Kesibukan bersekolah dalam balutan covid 19 membuat lupa hari dan tanggal. Bernaung di bawah sekolah yang menerapkan pembelajaran dari rumah berbasis online terasa sekali sibuknya. Selama ini pekerjaan terselesaikan hari itu. Kini di rumah masih harus membuka laptop si teman setia untuk membuka tagihan dari para murid.
Sesuatu yang tetap harus disyukuri. Sehingga ketika tiba-tiba ada kabar libur dan tanggal merah di akhir minggu, aku segera mengambil kalender. Tertulis disitu 31 Juli 2020 Idul Adha. Tiba-tiba rindu kampung halaman. Wabah ini membuat jadwal berkunjung ke kampung menjadi tertuda. Himbauan mudik, himbauan menjadi PENYELAMAT KELUARGA, himbauan menjaga jarak berhasil mendelete seluruh jadwal berkunjung ke kampung halaman.
Libur Idul Adha membuatku berdiskusi dengan orang-orang tercinta. Pulang atau tetap di rumah saja? Demi menjawab segala keraguan, informasi transportasi segera dicari. PT KAI sudah mengoperasikan beberapa kereta api jalur ke Banyuwangi atau sebaliknya. Syarat surat sehat dari dokter pun segera diurus. Tiket sudah ditangan. Aminisi protokol kesehatan sudah siap. Namun ketakutan keluarga besar menjadi penghalang berikutnya.
Kami mengunjungi orang tua. Ibu dengan diabetis adalah orang dalam resiko. Bapak dan Ibu juga sudah 73 tahun artinya mereka semua ODR. Menggunakan moda trasportasi kereta api tentu tidak cukup aman bagi kami. Kekuatiran itu membuat kami mencari alternatif lain. Jadilah dikirimkan seorang teman yang bersedia mengantar dengan biaya minim. Puji Tuhan.

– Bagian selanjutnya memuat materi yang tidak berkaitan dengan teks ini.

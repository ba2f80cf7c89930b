-- ===== src/Cli/Levels/Plans.antt =====
-- What the rounds of `levels` keep: what is not left was placed, and what is built was asked for by
-- nothing before.
use kiry.Base.{
  ℕ, zero, suc, ◌+◌, ◌≤◌, ◌<◌, ◌≡◌, refl, ap, subst, inl, inr, List, [], ◌∷◌, ◌++◌, map, Bool, true,
  false, not, ◌&&◌, ◌==◌, nat_eq, nat_beq_iff, list_eq, keep, contains, length, arith, Bool-cases,
  All, All-contains, contains-append, contains-keep, any-false, any-true,
}
use kiry.Base.Text.{Str}
use kiry.Cli.Levels.{
  Level, Planned, ordered, cycle, out_of_fuel, ready, starters, waits, without, level_of, before,
  loop, range_from,
}
use kiry.Cli.Levels.Rounds.{measure, loop-Q}

contains-range_from : (i n j : ℕ) → contains (range_from i n) j ≡ true → (i ≤ j) × (j < i + n)
unfolding range_from
contains-range_from i zero j m = absurd (cc m)
contains-range_from i (suc n) j m = elim (Bool-cases (i == j)) [
  | inl same ↦ let e = (nat_beq_iff i j).0 same in (omega (arith, e), omega (arith, e))
  | inr apart ↦
      let (low, high) = contains-range_from (i + 1) n j (ground arith) in
      (omega (arith, low), omega (arith, high))
]

pub range_from-contains : (i n j : ℕ) → i ≤ j → j < i + n → contains (range_from i n) j ≡ true
unfolding range_from
range_from-contains i zero j low high = absurd (omega (arith, low, high))
range_from-contains i (suc n) j low high = elim (Bool-cases (i == j)) [
  | inl same ↦ ground (arith, same)
  | inr apart ↦
      let above : i + 1 ≤ j = ground (arith, apart, nat_beq_iff i j) in
      ground (arith, range_from-contains (i + 1) n j above (omega (arith, high)))
]

pub length-range_from : (i n : ℕ) → length (range_from i n) ≡ n
unfolding range_from
length-range_from i zero = refl
length-range_from i (suc n) = ap suc (length-range_from (i + 1) n)

abbrev indices : Level → List ℕ
indices = map (λ (p : ℕ × Bool). p.0)

-- The packages that the levels build, those that only stand in apart.
abbrev pub built_in : List Level → List ℕ
built_in [] = []
built_in (l ∷ ls) = map (λ (p : ℕ × Bool). p.0) (keep (λ (p : ℕ × Bool). not p.1) l) ++ built_in ls

module _ (needs' : ℕ → ℕ → Bool) (n : ℕ) where
  -- What a package asks for stands in an earlier level, where it was built or stands in.
  abbrev pub AsksBefore : List ℕ → ℕ × Bool → Type 0
  AsksBefore placed (i, stands_in) =
      stands_in ≡ false
      → (j : ℕ) → j < n
      → (j == i) ≡ false
      → needs' i j ≡ true
      → contains placed j ≡ true

  abbrev pub InOrder : List ℕ → List Level → Type 0
  InOrder placed [] = Unit
  InOrder placed (l ∷ ls) =
      All (AsksBefore placed) l × InOrder (map (λ (p : ℕ × Bool). p.0) l ++ placed) ls

  -- What is left over was placed, or stands in.
  abbrev Accounted : List ℕ → List ℕ → List ℕ → Type 0
  Accounted left done placed =
      (j : ℕ)
      → j < n
      → (contains left j && not (contains done j)) ≡ false
      → contains placed j ≡ true

  abbrev pub IsPlan : List ℕ → List ℕ → Planned → Type 0
  IsPlan left done (ordered ls) =
      ((placed : List ℕ) → Accounted left done placed → InOrder placed ls)
      × ((i : ℕ) → contains left i ≡ true → contains (built_in ls) i ≡ true)
  IsPlan left done (cycle names) =
      (left' : List ℕ) × ((i : ℕ) → contains left' i ≡ true → contains left i ≡ true)
      × ((k : ℕ) × (contains left' k ≡ true))
      × ((i : ℕ)
          → contains left' i ≡ true
          → (j : ℕ) × (contains left' j ≡ true) × ((j == i) ≡ false) × (needs' i j ≡ true))
  IsPlan left done out_of_fuel = ⊥

  indices-level_of :
      (boots : ℕ → Bool) (b : Bool) (is : List ℕ) → indices (level_of needs' boots b is) ≡ is
  indices-level_of boots b [] = refl
  indices-level_of boots b (i ∷ is) = ap (λ xs. i ∷ xs) (indices-level_of boots b is)

  built-level_of :
      (boots : ℕ → Bool) (is : List ℕ)
      → indices (keep (λ (p : ℕ × Bool). not p.1) (level_of needs' boots false is)) ≡ is
  built-level_of boots [] = refl
  built-level_of boots (i ∷ is) = ap (λ xs. i ∷ xs) (built-level_of boots is)

  standing-level_of :
      (boots : ℕ → Bool) (is : List ℕ)
      → indices (keep (λ (p : ℕ × Bool). not p.1) (level_of needs' boots true is)) ≡ []
  standing-level_of boots [] = refl
  standing-level_of boots (i ∷ is) = standing-level_of boots is

  All-level_of :
      (boots : ℕ → Bool) (P : ℕ × Bool → Type 0) (b : Bool) (is : List ℕ)
      → All (λ i. P (i, b)) is
      → All P (level_of needs' boots b is)
  All-level_of boots P b [] _ = tt
  All-level_of boots P b (i ∷ is) (h, hs) = (h, All-level_of boots P b is hs)

  module _ (boots : ℕ → Bool) where
    ready-AsksBefore :
        (left done placed : List ℕ)
        → Accounted left done placed
        → All (λ i. AsksBefore placed (i, false)) (ready needs' boots left done)
    unfolding ready waits
    ready-AsksBefore left done placed acc =
        All-contains (ready needs' boots left done) (λ i m _ j below apart asks.
          let free = contains-keep (λ k. not (waits needs' boots left done k)) left i in
          let waits_not : waits needs' boots left done i ≡ false = ground (arith, free, m) in
          acc j below (elim (Bool-cases (contains left j)) [
            | inl there ↦
                let stopped =
                  any-false (λ k. not (k == i) && (not (contains done k) && needs' i k)) left j
                    waits_not there in
                ground (arith, stopped, apart, asks)
            | inr away ↦ rw away refl
          ]))

    built-IsPlan :
        (left done : List ℕ) (i : ℕ) (now : List ℕ) (r : Planned)
        → ready needs' boots left done ≡ i ∷ now
        → IsPlan (without needs' boots left (i ∷ now)) done r
        → IsPlan left done (before needs' boots (level_of needs' boots false (i ∷ now)) r)
    unfolding without
    built-IsPlan left done i now (ordered ls) e (sound, whole) = (
      λ placed acc. (
        All-level_of boots (AsksBefore placed) false (i ∷ now) (
            subst (All (λ k. AsksBefore placed (k, false))) e
              (ready-AsksBefore left done placed acc)),
        rw (indices-level_of boots false now) (
            sound ((i ∷ now) ++ placed) (λ j below gone. ground (
              arith,
              gone,
              acc j below,
              contains-keep (λ k. not (contains (i ∷ now) k)) left j,
              contains-append (i ∷ now) placed j,
            ))),
      ),
      λ k m. rw (built-level_of boots now) (
          ground (
            arith,
            m,
            whole k,
            contains-keep (λ j. not (contains (i ∷ now) j)) left k,
            contains-append (i ∷ now) (built_in ls) k,
          )),
    )
    built-IsPlan left done i now (cycle names) e (left', sub, some_left, held) = (
      left',
      λ k m. ground (arith, sub k m, contains-keep (λ j. not (contains (i ∷ now) j)) left k),
      some_left,
      held,
    )
    built-IsPlan left done i now out_of_fuel e h = h

    started-IsPlan :
        (left done : List ℕ) (i : ℕ) (boot : List ℕ) (r : Planned)
        → starters needs' boots left done ≡ i ∷ boot
        → IsPlan left (done ++ (i ∷ boot)) r
        → IsPlan left done (before needs' boots (level_of needs' boots true (i ∷ boot)) r)
    started-IsPlan left done i boot (ordered ls) e (sound, whole) = (
      λ placed acc. (
        All-level_of boots (AsksBefore placed) true (i ∷ boot)
            (All-contains (i ∷ boot) (λ k m h. absurd (cc h))),
        rw (indices-level_of boots true boot) (
            sound ((i ∷ boot) ++ placed) (λ j below gone. ground (
              arith,
              gone,
              acc j below,
              contains-append done (i ∷ boot) j,
              contains-append (i ∷ boot) placed j,
            ))),
      ),
      λ k m. rw (standing-level_of boots boot) (whole k m),
    )
    started-IsPlan left done i boot (cycle names) e h = h
    started-IsPlan left done i boot out_of_fuel e h = h

    stuck-IsPlan :
        (names : List Str) (i : ℕ) (left done : List ℕ)
        → ready needs' boots (i ∷ left) done ≡ []
        → starters needs' boots (i ∷ left) done ≡ []
        → IsPlan (i ∷ left) done (cycle names)
    unfolding ready waits
    stuck-IsPlan names i left done e f = (
      i ∷ left,
      λ k m. m,
      (i, ground (arith, (nat_beq_iff i i).1 refl)),
      λ k m.
          let kept = contains-keep (λ j. not (waits needs' boots (i ∷ left) done j)) (i ∷ left) k in
          let none_kept : contains (ready needs' boots (i ∷ left) done) k ≡ false =
            ap (λ xs. contains xs k) e in
          let waiting : waits needs' boots (i ∷ left) done k ≡ true =
            ground (arith, kept, none_kept, m) in
          let (j, (there, held)) =
            any-true (λ j. not (j == k) && (not (contains done j) && needs' k j)) (i ∷ left)
              waiting in
          (j, there, ground (arith, held), ground (arith, held)),
    )

    pub loop-IsPlan :
        (names : ℕ → Str) (fuel : ℕ) (left done : List ℕ)
        → measure needs' boots left done ≤ fuel
        → IsPlan left done (loop needs' boots names fuel left done)
    loop-IsPlan names =
        loop-Q needs' boots names IsPlan (λ done. (λ placed acc. tt, λ i m. m)) built-IsPlan
          started-IsPlan (λ i left done e f. stuck-IsPlan (map names (i ∷ left)) i left done e f)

Kami berangkat ketika matahari mulai redup. Sepanjang jalan dipenuhi dengan berjejer pedagang hewan qurban. Aroma menyengat bulu kambing menebar memasuki ruangan mobil yang memang sengaja dibuka. Suasana khas Idul Adha. Kambing-kambing itu ada yang mulai diambil pembelinya, ada yang tubuhnya ditulisi nama pembeli atau kode yang menandakan sudah terjual. Terus ke timur mulai berbeda suasana. Petasan-petasan besar mulai terdengar ketika memasuki kota suwar-suwir. Dar der dor, rame, riuh dan damai. Ah, kata terakhir yang tetap terjaga di bumi pertiwi ini. Meskipun di beberapa tempat banyak yang berusaha membuatnya rapuh dan hancur.
Meninggalkan Jember sudah lepas magrib. Kembang api meledak disana-sini menghias langit malam. Diiringi suara takbir dari bibir-bibir mungil menghadirkan diskusi pendek dengan si kecil.
"Koq anak kecil itu boleh ke masjid." Katanya, mungkin dia berpikir dia boleh kok aku gak boleh. Memang sejak covid menggila, kami dilarang melaksanakan misa di gereja. Ketika new normalpun si kecil masih belum diijinkan untuk mengikuti misa di gereja. Dia masuk kategori ODR bersama para lansia.
"Dia kan tidak rame-rame." Jawabku.
"Nanti tidur masjid anak itu, Bu."
"Ya tidak, ndhuk. Ya pulang."
Lantas dia bercerita ingatan masa lalu ketika pulang kampung dan melihat keramaian takbir di sana. Biasanya memang ada pawai mobil dan pejalan kaki, pada malam menjelang idul fitri dan idul adha. Umat muslim berkeliling sambil menggemakan takbir.